Task: Keeping every line intact, repeat the data word for word.

[Saved entries]
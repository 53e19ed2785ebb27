-- ===== src/KeyRing/Store/Reload.antt =====
-- old/pkg/store/store.go: what `Save` has written, `Load` gives back.
use omni_sshagent.Base.{
  Option, none, some, Result, ok, err, ◌≡◌, ◌≢◌, refl, sym, ap, ◌∙◌, arith, Bool-cases,
  Result-cases, inl, inr,
}
use omni_sshagent.Base.Text.{Text}
use omni_sshagent.Files.{Bytes}
use omni_sshagent.KeyRing.{SaveData, System, State, Fault, ◌>>=◌, given, act, outcome}
use omni_sshagent.KeyRing.Store.{filename, is_dir, make_dir, write_settings, save_in, save, load}

-- A file holds what was written to it, and neither a write nor a new directory moves the user's
-- configuration directory.
pub record Persists (sys : System) : Type 0 where
  pub write-read :
      (p : Text) (b : Bytes) (w : sys.World)
      → (sys.write_file p b w).1 ≡ none
      → sys.read_file p (sys.write_file p b w).0 ≡ ok b
  pub write-config_dir :
      (p : Text) (b : Bytes) (w : sys.World)
      → sys.user_config_dir (sys.write_file p b w).0 ≡ sys.user_config_dir w
  pub mkdir-config_dir :
      (p : Text) (w : sys.World) → sys.user_config_dir (sys.mkdir_all p w).0 ≡ sys.user_config_dir w

module _ (sys : System) (persists : Persists sys) where
  -- The state behind a step differs from the one before in the world only, and not in where the
  -- configuration is.
  abbrev Stays : State sys → State sys → Type 0
  Stays s t =
      (t.save_data ≡ s.save_data)
      × (t.app_name ≡ s.app_name)
      × (sys.user_config_dir t.world ≡ sys.user_config_dir s.world)

  make_dir-Stays : (dir : Text) (s : State sys) → Stays s (make_dir sys dir s).0
  unfolding make_dir
  make_dir-Stays dir s = elim (Bool-cases (is_dir sys dir s.world)) [
    | inl e ↦ rw (e, make_dir) (refl, refl, refl)
    | inr e ↦ rw (e, make_dir) (refl, refl, persists.mkdir-config_dir dir s.world)
  ]

  -- What stands in the file, behind a `Save` that succeeded.
  abbrev Holds : Text → Bytes → State sys → Type 0
  Holds dir b t = sys.read_file (sys.join dir filename) t.world ≡ ok b

  outcome_none : (o : Option Text) → outcome o ≡ ok tt → o ≡ none
  outcome_none none h = refl
  outcome_none (some e) h = absurd (ground (arith, h))

  write_settings_ok :
      (dir : Text) (b : Bytes) (s : State sys)
      → sys.to_json s.save_data ≡ ok b
      → write_settings sys dir s ≡ act (sys.write_file (sys.join dir filename) b) s
  unfolding write_settings
  write_settings_ok dir b s e =
      ap
        (λ (r : Result Text Bytes).
          (given r >>= λ c. act (sys.write_file (sys.join dir filename) c)) s)
        e

  -- What a step that succeeded leaves: the file holds the bytes, and the rest is as it was.
  abbrev Saves : Text → Bytes → State sys → State sys × Result {0, 0} Fault Unit → Type 0
  Saves dir b s p = Holds dir b p.0 × Stays s p.0

  write_settings-Saves :
      (dir : Text) (b : Bytes) (s : State sys)
      → sys.to_json s.save_data ≡ ok b
      → (write_settings sys dir s).1 ≡ ok tt
      → Saves dir b s (write_settings sys dir s)
  write_settings-Saves dir b s e h =
      let shape = write_settings_ok dir b s e in
      let done = ap (λ (p : State sys × Result {0, 0} Fault Unit). p.1) (sym shape) ∙ h in
      rw (shape) (
        persists.write-read (sys.join dir filename) b s.world
            (outcome_none (sys.write_file (sys.join dir filename) b s.world).1 done),
        (refl, refl, persists.write-config_dir (sys.join dir filename) b s.world),
      )

  save_in_ok :
      (dir : Text) (s : State sys)
      → (make_dir sys dir s).1 ≡ ok tt
      → save_in sys dir s ≡ write_settings sys dir (make_dir sys dir s).0
  unfolding save_in
  save_in_ok dir s e = rw (e, save_in, ◌>>=◌)

  save_in_failed :
      (dir : Text) (x : Fault) (s : State sys)
      → (make_dir sys dir s).1 ≡ err x
      → (save_in sys dir s).1 ≢ ok tt
  unfolding save_in
  save_in_failed dir x s e = rw (e, save_in, ◌>>=◌) (λ h. ground (arith, h))

  save_in-Saves :
      (dir : Text) (b : Bytes) (s : State sys)
      → sys.to_json s.save_data ≡ ok b
      → (save_in sys dir s).1 ≡ ok tt
      → Saves dir b s (save_in sys dir s)
  save_in-Saves dir b s e h = elim (Result-cases (make_dir sys dir s).1) [
    | inl (u, k) ↦
        let shape = save_in_ok dir s k in
        let (d, n, c) = make_dir-Stays dir s in
        let (held, (d', n', c')) =
          write_settings-Saves dir b (make_dir sys dir s).0 (ap sys.to_json d ∙ e)
            (ap (λ (p : State sys × Result {0, 0} Fault Unit). p.1) (sym shape) ∙ h) in
        rw (shape) (held, (d' ∙ d, n' ∙ n, c' ∙ c))
    | inr (x, k) ↦ absurd (save_in_failed dir x s k h)
  ]

  load_of :
      (config : Text) (b : Bytes) (d : SaveData) (t : State sys)
      → sys.user_config_dir t.world ≡ ok config
      → Holds (sys.join config t.app_name) b t
      → sys.from_json b ≡ ok d
      → (load sys t).0.save_data ≡ d
  unfolding load
  load_of config b d t e h k = rw (e, h, k, load)

  save_shape :
      (config : Text) (s : State sys)
      → sys.user_config_dir s.world ≡ ok config
      → save sys s ≡ save_in sys (sys.join config s.app_name) s
  unfolding save
  save_shape config s e = rw (e, save)

  save_failed :
      (x : Text) (s : State sys) → sys.user_config_dir s.world ≡ err x → (save sys s).1 ≢ ok tt
  unfolding save
  save_failed x s e = rw (e, save) (λ h. ground (arith, h))

  -- After a `Save` that succeeded, `Load` restores the settings that were saved, whatever is in
  -- memory by then, where JSON gives back these settings, a file holds what was written, and
  -- neither this write nor a new directory moves the user's configuration directory.
  pub load-save :
      (s : State sys) (d : SaveData) (b : Bytes)
      → sys.to_json s.save_data ≡ ok b
      → sys.from_json b ≡ ok s.save_data
      → (save sys s).1 ≡ ok tt
      → (load sys (record (save sys s).0 { save_data = d })).0.save_data ≡ s.save_data
  load-save s d b e f h = elim (Result-cases (sys.user_config_dir s.world)) [
    | inl (config, k) ↦
        let shape = save_shape config s k in
        let (held, (same, name, dir)) =
          save_in-Saves (sys.join config s.app_name) b s e
            (ap (λ (p : State sys × Result {0, 0} Fault Unit). p.1) (sym shape) ∙ h) in
        let t = (save_in sys (sys.join config s.app_name) s).0 in
        rw (shape) (
          load_of config b s.save_data (record t { save_data = d }) (dir ∙ k)
            (ap (λ (n : Text). sys.read_file (sys.join (sys.join config n) filename) t.world) name
              ∙ held)
            f)
    | inr (x, k) ↦ absurd (save_failed x s k h)
  ]
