-- ===== src/Legacy.antt =====
-- old/pkg and old/app.go: the sockets of the former program that serve and reach the agent, its
-- Pageant window, its menu, and the end of its goroutines.
pub mod Cygwin
pub mod Listener
pub mod PipeClient
pub mod Runs
pub mod Menu
pub mod Pageant
pub mod TrayIcon
pub mod Shutdown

The completed task:
repository 53e19ed2785ebb27
-- ===== src/KeyRing/Store/Reload.antt =====
-- old/pkg/store/store.go: what `Save` has written, `Load` gives back.
use omni_sshagent.Base.{
  Option, none, some, Result, ok, err, ◌≡◌, ◌≢◌, refl, sym, ap, ◌∙◌, arith, Bool-cases,
  Result-cases, inl, inr,
}
use omni_sshagent.Base.Text.{Text}
use omni_sshagent.Files.{Bytes}
use omni_sshagent.KeyRing.{SaveData, System, State, Fault, ◌>>=◌, given, act, outcome}
use omni_sshagent.KeyRing.Store.{filename, is_dir, make_dir, write_settings, save_in, save, load}

-- A file holds what was written to it, and neither a write nor a new directory moves the user's
-- configuration directory.
pub record Persists (sys : System) : Type 0 where
  pub write-read :
      (p : Text) (b : Bytes) (w : sys.World)
      → (sys.write_file p b w).1 ≡ none
      → sys.read_file p (sys.write_file p b w).0 ≡ ok b
  pub write-config_dir :
      (p : Text) (b : Bytes) (w : sys.World)
      → sys.user_config_dir (sys.write_file p b w).0 ≡ sys.user_config_dir w
  pub mkdir-config_dir :
      (p : Text) (w : sys.World) → sys.user_config_dir (sys.mkdir_all p w).0 ≡ sys.user_config_dir w

module _ (sys : System) (persists : Persists sys) where
  -- The state behind a step differs from the one before in the world only, and not in where the
  -- configuration is.
  abbrev Stays : State sys → State sys → Type 0
  Stays s t =
      (t.save_data ≡ s.save_data)
      × (t.app_name ≡ s.app_name)
      × (sys.user_config_dir t.world ≡ sys.user_config_dir s.world)

  make_dir-Stays : (dir : Text) (s : State sys) → Stays s (make_dir sys dir s).0
  unfolding make_dir
  make_dir-Stays dir s = elim (Bool-cases (is_dir sys dir s.world)) [
    | inl e ↦ rw (e, make_dir) (refl, refl, refl)
    | inr e ↦ rw (e, make_dir) (refl, refl, persists.mkdir-config_dir dir s.world)
  ]

  -- What stands in the file, behind a `Save` that succeeded.
  abbrev Holds : Text → Bytes → State sys → Type 0
  Holds dir b t = sys.read_file (sys.join dir filename) t.world ≡ ok b

  outcome_none : (o : Option Text) → outcome o ≡ ok tt → o ≡ none
  outcome_none none h = refl
  outcome_none (some e) h = absurd (ground (arith, h))

  write_settings_ok :
      (dir : Text) (b : Bytes) (s : State sys)
      → sys.to_json s.save_data ≡ ok b
      → write_settings sys dir s ≡ act (sys.write_file (sys.join dir filename) b) s
  unfolding write_settings
  write_settings_ok dir b s e =
      ap
        (λ (r : Result Text Bytes).
          (given r >>= λ c. act (sys.write_file (sys.join dir filename) c)) s)
        e

  -- What a step that succeeded leaves: the file holds the bytes, and the rest is as it was.
  abbrev Saves : Text → Bytes → State sys → State sys × Result {0, 0} Fault Unit → Type 0
  Saves dir b s p = Holds dir b p.0 × Stays s p.0

  write_settings-Saves :
      (dir : Text) (b : Bytes) (s : State sys)
      → sys.to_json s.save_data ≡ ok b
      → (write_settings sys dir s).1 ≡ ok tt
      → Saves dir b s (write_settings sys dir s)
  write_settings-Saves dir b s e h =
      let shape = write_settings_ok dir b s e in
      let done = ap (λ (p : State sys × Result {0, 0} Fault Unit). p.1) (sym shape) ∙ h in
      rw (shape) (
        persists.write-read (sys.join dir filename) b s.world
            (outcome_none (sys.write_file (sys.join dir filename) b s.world).1 done),
        (refl, refl, persists.write-config_dir (sys.join dir filename) b s.world),
      )

  save_in_ok :
      (dir : Text) (s : State sys)
      → (make_dir sys dir s).1 ≡ ok tt
      → save_in sys dir s ≡ write_settings sys dir (make_dir sys dir s).0
  unfolding save_in
  save_in_ok dir s e = rw (e, save_in, ◌>>=◌)

  save_in_failed :
      (dir : Text) (x : Fault) (s : State sys)
      → (make_dir sys dir s).1 ≡ err x
      → (save_in sys dir s).1 ≢ ok tt
  unfolding save_in
  save_in_failed dir x s e = rw (e, save_in, ◌>>=◌) (λ h. ground (arith, h))

  save_in-Saves :
      (dir : Text) (b : Bytes) (s : State sys)
      → sys.to_json s.save_data ≡ ok b
      → (save_in sys dir s).1 ≡ ok tt
      → Saves dir b s (save_in sys dir s)
  save_in-Saves dir b s e h = elim (Result-cases (make_dir sys dir s).1) [
    | inl (u, k) ↦
        let shape = save_in_ok dir s k in
        let (d, n, c) = make_dir-Stays dir s in
        let (held, (d', n', c')) =
          write_settings-Saves dir b (make_dir sys dir s).0 (ap sys.to_json d ∙ e)
            (ap (λ (p : State sys × Result {0, 0} Fault Unit). p.1) (sym shape) ∙ h) in
        rw (shape) (held, (d' ∙ d, n' ∙ n, c' ∙ c))
    | inr (x, k) ↦ absurd (save_in_failed dir x s k h)
  ]

  load_of :
      (config : Text) (b : Bytes) (d : SaveData) (t : State sys)
      → sys.user_config_dir t.world ≡ ok config
      → Holds (sys.join config t.app_name) b t
      → sys.from_json b ≡ ok d
      → (load sys t).0.save_data ≡ d
  unfolding load
  load_of config b d t e h k = rw (e, h, k, load)

  save_shape :
      (config : Text) (s : State sys)
      → sys.user_config_dir s.world ≡ ok config
      → save sys s ≡ save_in sys (sys.join config s.app_name) s
  unfolding save
  save_shape config s e = rw (e, save)

  save_failed :
      (x : Text) (s : State sys) → sys.user_config_dir s.world ≡ err x → (save sys s).1 ≢ ok tt
  unfolding save
  save_failed x s e = rw (e, save) (λ h. ground (arith, h))

  -- After a `Save` that succeeded, `Load` restores the settings that were saved, whatever is in
  -- memory by then, where JSON gives back these settings, a file holds what was written, and
  -- neither this write nor a new directory moves the user's configuration directory.
  pub load-save :
      (s : State sys) (d : SaveData) (b : Bytes)
      → sys.to_json s.save_data ≡ ok b
      → sys.from_json b ≡ ok s.save_data
      → (save sys s).1 ≡ ok tt
      → (load sys (record (save sys s).0 { save_data = d })).0.save_data ≡ s.save_data
  load-save s d b e f h = elim (Result-cases (sys.user_config_dir s.world)) [
    | inl (config, k) ↦
        let shape = save_shape config s k in
        let (held, (same, name, dir)) =
          save_in-Saves (sys.join config s.app_name) b s e
            (ap (λ (p : State sys × Result {0, 0} Fault Unit). p.1) (sym shape) ∙ h) in
        let t = (save_in sys (sys.join config s.app_name) s).0 in
        rw (shape) (
          load_of config b s.save_data (record t { save_data = d }) (dir ∙ k)
            (ap (λ (n : Text). sys.read_file (sys.join (sys.join config n) filename) t.world) name
              ∙ held)
            f)
    | inr (x, k) ↦ absurd (save_failed x s k h)
  ]
-- ===== src/Legacy.antt =====
-- old/pkg and old/app.go: the sockets of the former program that serve and reach the agent, its
-- Pageant window, its menu, and the end of its goroutines.
pub mod Cygwin
pub mod Listener
pub mod PipeClient
pub mod Runs
pub mod Menu
pub mod Pageant
pub mod TrayIcon
pub mod Shutdown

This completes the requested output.